贾张氏看到秦淮茹没听自己话去收拾,更加生气道。
何雨柱敢不给自己面子就算了,秦淮茹凭什么?
“他贾婶,你儿媳妇现在月份也不小了,你不是闲着吗,你不是也能做吗?”有人看不下去了,说道。
“有你什么事,这是我们家的事情,我在教训自己儿媳妇,你管得着吗?”贾张氏一听就像是被人踩着尾巴一样。
帮着秦淮茹说话的那个人,瞬间就什么都不敢说了,秦淮茹真是够可怜,摊上这么个婆婆。
“别在这装了,怎么,你想跟别人都说,我是个恶婆婆,欺负你这个儿媳妇是吧?”贾张氏看着秦淮茹还是坐着在这一动不动,怒火中烧道。
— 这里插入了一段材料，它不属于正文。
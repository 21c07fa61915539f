-- ===== src/State/Lifecycle.antt =====
-- src/mr_hide/state/lifecycle.py. The calls of the repository that one operation can make are
-- numbered, and so are its readings of the clock; `World` has the answers.
pub mod Process
pub mod Release
pub mod Silent
pub mod Safety
pub mod Retention
mod Examples
use mr_hide.Prelude.{
  ltb, leb, if◌then◌else◌, Text, ℕ, ◌+◌, ◌-◌, ◌*◌, Bool, true, false, ◌&&◌, Option, none, some,
  List, [], ◌∷◌,
}
use mr_hide.Errors.{
  Reason, vault_missing, missing, expired, bypass_warning_not_accepted, vault, builtin, Result, err,
  ok, raise_if,
}
use mr_hide.Policy.{WarningCode, conversation_bypass_active}
use mr_hide.Privacy.Mapping.{MappingTable}
use mr_hide.State.Models.{
  Moment, aware, require_utc, UuidLibrary, Identifier, parse_conversation_id, ConversationState,
  or_else, next_revision,
}
use mr_hide.State.Store.{Files, Env, Io, given, and_then, pure, conversation_ids}
use mr_hide.State.Repository.{Codec, create, load, delete_if_inactive, save}

pub data ConversationStatus : Type 0 where
  protected_status bypassed_status blocked_status missing_status expired_status : ConversationStatus

pub record ConversationResult : Type 0 where
  pub status : ConversationStatus
  pub conversation_id : ℕ
  pub text : Option Text
  pub reason : Option Reason
  pub warning_code : Option WarningCode

abbrev pub is_blocked : ConversationStatus → Bool
is_blocked blocked_status = true
is_blocked _ = false

abbrev pub is_some : Option Text → Bool
is_some none = false
is_some (some t) = true

-- `__post_init__`
unfoldable pub check_result : ConversationResult → Result (Unit {0})
check_result r = raise_if (is_blocked r.status && is_some r.text) builtin

abbrev pub stopped_result : ConversationStatus → ℕ → Reason → ConversationResult
stopped_result status n reason = record {
  status = status;
  conversation_id = n;
  text = none;
  reason = some reason;
  warning_code = none;
}

abbrev pub silent_result : ConversationStatus → ℕ → Option WarningCode → ConversationResult
silent_result status n warning_code = record {
  status = status;
  conversation_id = n;
  text = none;
  reason = none;
  warning_code = warning_code;
}

abbrev pub blocked : ℕ → Reason → ConversationResult
blocked = stopped_result blocked_status

-- `ConversationState | ConversationResult`
pub data Loaded : Type 0 where
  active : ConversationState → Loaded
  stopped : ConversationResult → Loaded

pub record World : Type 0 where
  pub env : ℕ → Env
  pub clock : ℕ → Moment

-- 30 days
abbrev pub retention_period : ℕ
retention_period = 30 * 24 * 60 * 60 * 1000000

-- the method `_now`
abbrev pub now_at : World → ℕ → Result ℕ
now_at world i = require_utc (world.clock i)

unfoldable pub is_expired : ConversationState → ℕ → Bool
is_expired state now = leb (state.last_activity + retention_period) now

-- `now - RETENTION_PERIOD`, which raises `OverflowError` before the year 1
unfoldable pub retention_cutoff : ℕ → Result ℕ
retention_cutoff now = if ltb now retention_period then err builtin else ok (now - retention_period)

-- `except VaultError as error: return ConversationResult(BLOCKED, …)`
abbrev pub or_blocked : ℕ → Files × Result ConversationResult → Files × Result ConversationResult
or_blocked n (files, err (vault reason)) = (files, ok (blocked n reason))
or_blocked n (files, reply) = (files, reply)

-- the handler of `_load_or_status`
abbrev pub status_of : ℕ → Files × Result ConversationState → Files × Result Loaded
status_of n (files, ok state) = (files, ok (active state))
status_of n (files, err (vault vault_missing)) =
    (files, ok (stopped (stopped_result missing_status n missing)))
status_of n (files, err (vault reason)) = (files, ok (stopped (blocked n reason)))
status_of n (files, err e) = (files, err e)

module _ (codec : Codec) (world : World) where
  abbrev pub load_or_status : ℕ → ℕ → Io Loaded
  load_or_status i n files = status_of n (load codec (world.env i) n files)

  -- what `_load_active` does with the reply of `delete_if_inactive`
  unfoldable pub deleted_or_reloaded : ℕ → Files × Result Bool → Files × Result Loaded
  deleted_or_reloaded n (files, ok true) =
      (files, ok (stopped (stopped_result expired_status n expired)))
  deleted_or_reloaded n (files, ok false) = load_or_status 2 n files
  deleted_or_reloaded n (files, err (vault reason)) = (files, ok (stopped (blocked n reason)))
  deleted_or_reloaded n (files, err e) = (files, err e)

  unfoldable pub discard : ℕ → ℕ → Io Loaded
  discard n now = given (retention_cutoff now) (λ cutoff files.
      deleted_or_reloaded n (delete_if_inactive codec (world.env 1) n cutoff files))

  unfoldable pub unless_expired : ℕ → Loaded → Io Loaded
  unless_expired n (stopped r) = pure (stopped r)
  unless_expired n (active state) =
      given (now_at world 0)
        (λ now. if is_expired state now then discard n now else pure (active state))

  -- `_load_active`: the calls 0, 1, and 2, and the reading 0 of the clock
  unfoldable pub load_active : ℕ → Io Loaded
  load_active n = and_then (load_or_status 0 n) (unless_expired n)

  -- the `try` that saves the next revision: call 3, and the reading `i` of the clock
  unfoldable pub save_next :
      ℕ
      → ConversationState
      → Option MappingTable
      → Option Bool
      → ConversationResult
      → Io ConversationResult
  save_next i state mappings bypassed answer = given (now_at world i) (λ now.
      given (next_revision state mappings bypassed (some (aware now)))
        (λ updated. and_then (save codec (world.env 3) updated state.revision) (λ _. pure answer)))

  unfoldable pub commit_text :
      ConversationState
      → Text
      → Option MappingTable
      → ConversationStatus
      → Option WarningCode
      → Io ConversationResult
  commit_text state t mappings status warning_code files = or_blocked state.conversation_id (
      save_next 1 state (some (or_else state.mappings mappings)) none
        (record {
          status = status;
          conversation_id = state.conversation_id;
          text = some t;
          reason = none;
          warning_code = warning_code;
        })
        files)

  unfoldable pub create_conversation : ConversationState → Io ConversationResult
  create_conversation state files = or_blocked state.conversation_id (
      and_then (create codec (world.env 0) state)
        (λ _. pure (silent_result protected_status state.conversation_id none)) files)

  -- the last part of `resume`
  unfoldable pub renew : ℕ → ConversationState → ℕ → Io ConversationResult
  renew n state now files = or_blocked n (
      given (next_revision state none none (some (aware now)))
        (λ updated. and_then (save codec (world.env 3) updated state.revision) (λ _. pure (
          if updated.bypassed
          then silent_result bypassed_status n (some conversation_bypass_active)
          else silent_result protected_status n none)))
        files)

  renew_loaded : ℕ → ℕ → Loaded → Io ConversationResult
  renew_loaded n now (stopped r) = pure r
  renew_loaded n now (active state) = renew n state now

  -- `resume` behind the refused deletion, or behind the one that was made
  resume_expired : ℕ → ℕ → Bool → Io ConversationResult
  resume_expired n now true = pure (stopped_result expired_status n expired)
  resume_expired n now false = and_then (load_or_status 2 n) (renew_loaded n now)

  unfoldable pub resume_loaded : ℕ → Loaded → Io ConversationResult
  unfolding renew_loaded resume_expired
  resume_loaded n (stopped r) = pure r
  resume_loaded n (active state) = given (now_at world 0) (λ now.
      if is_expired state now
      then given (retention_cutoff now) (λ cutoff.
        and_then (delete_if_inactive codec (world.env 1) n cutoff) (resume_expired n now))
      else renew n state now)

  unfoldable pub resume : UuidLibrary → Identifier → Io ConversationResult
  resume library identifier =
      given (parse_conversation_id library identifier)
        (λ n. and_then (load_or_status 0 n) (resume_loaded n))

  unfoldable pub bypass_loaded : ℕ → Loaded → Io ConversationResult
  bypass_loaded n (stopped r) files = (files, ok r)
  bypass_loaded n (active state) files = or_blocked n (
      save_next 1 state none (some true)
        (silent_result bypassed_status n (some conversation_bypass_active)) files)

  unfoldable pub accept_bypass : UuidLibrary → Identifier → Bool → Io ConversationResult
  accept_bypass library identifier warning_accepted =
      given (parse_conversation_id library identifier) (λ n.
        if warning_accepted
        then and_then (load_active n) (bypass_loaded n)
        else pure (blocked n bypass_warning_not_accepted))

  -- the loop of `cleanup_expired`, whose calls are numbered from 1
  unfoldable pub cleanup_loop : ℕ → ℕ → List ℕ → ℕ → Io ℕ
  cleanup_loop i cutoff [] deleted = pure deleted
  cleanup_loop i cutoff (n ∷ ids) deleted =
      and_then (delete_if_inactive codec (world.env i) n cutoff)
        (λ gone. cleanup_loop (i + 1) cutoff ids (if gone then deleted + 1 else deleted))

  unfoldable pub cleanup_expired : Io ℕ
  cleanup_expired = given (now_at world 0) (λ now.
      given (retention_cutoff now)
        (λ cutoff. and_then (conversation_ids (world.env 0)) (λ ids. cleanup_loop 1 cutoff ids 0)))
眼看着婆婆发火了,秦淮茹那里还敢就这么坐着在这,赶紧就起来了。
“妈,我这就去收拾。”秦淮茹赶忙道,想到自己这大着个肚子,都不让自己休息会,连乡下都不如,不过,这都是自己选择的路,到底是嫁来了城里,以后孩子都是城里人。
………
这边,何雨柱带着何雨水去吃了东来顺羊肉后,兄妹俩都很是高兴。
“哥,我们下次什么时候来吃涮羊肉,嗝……雨水还想来吃。”何雨水吃的一个劲在打嗝,嘴里依旧在意犹未尽回味着涮羊肉味道。
“你要是喜欢的话,那么等你放寒假吧,哥再带你来吃一次,好不好?”何雨柱笑道。
“好,我一定会听话。”何雨水乖巧点点头。
“走,哥哥带你去买糖人。”何雨柱笑道。
何雨柱带着何雨水去买了糖人以后,就去找收破烂的了。
现在这些个收破烂的其实就是收一些家具这些老破玩意儿的东西。
刚好,在走到一个胡同里的时候,就看到了一个骑着三轮车收破烂的人,正在跟前面那个中年妇女好像是在争论什么。
收破烂的穿着一身破破烂烂的衣服,带着一个草帽遮住大半张脸,何雨柱看不清楚对方长什么样,而那个中年妇女手里拿着一个碗。
是个斗彩鸡碗,看上去普普通通的,没什么特色。
“就这么一个碗,你好意思跟我要五千块钱,我最多给你五百块,你爱要不要吧。”收破烂的男人说道。
“五百块,这个碗还是个好的呢,怎么就给这么少,这估计是个老物件。”中年妇女说道。
“什么老物件,不老物件的,我不懂这些,我只知道我是收破烂的,不管是什么东西,在我这只有个破烂价格,我五百块钱都能在外面买个新的了,我还要你这个旧的?”
收破烂的说道。
老物件?
新的?
旧的?
何雨柱好像是想到了什么,家里面,何大清也给自己留下来一些东西,老物件,说是盛世古董乱世黄金。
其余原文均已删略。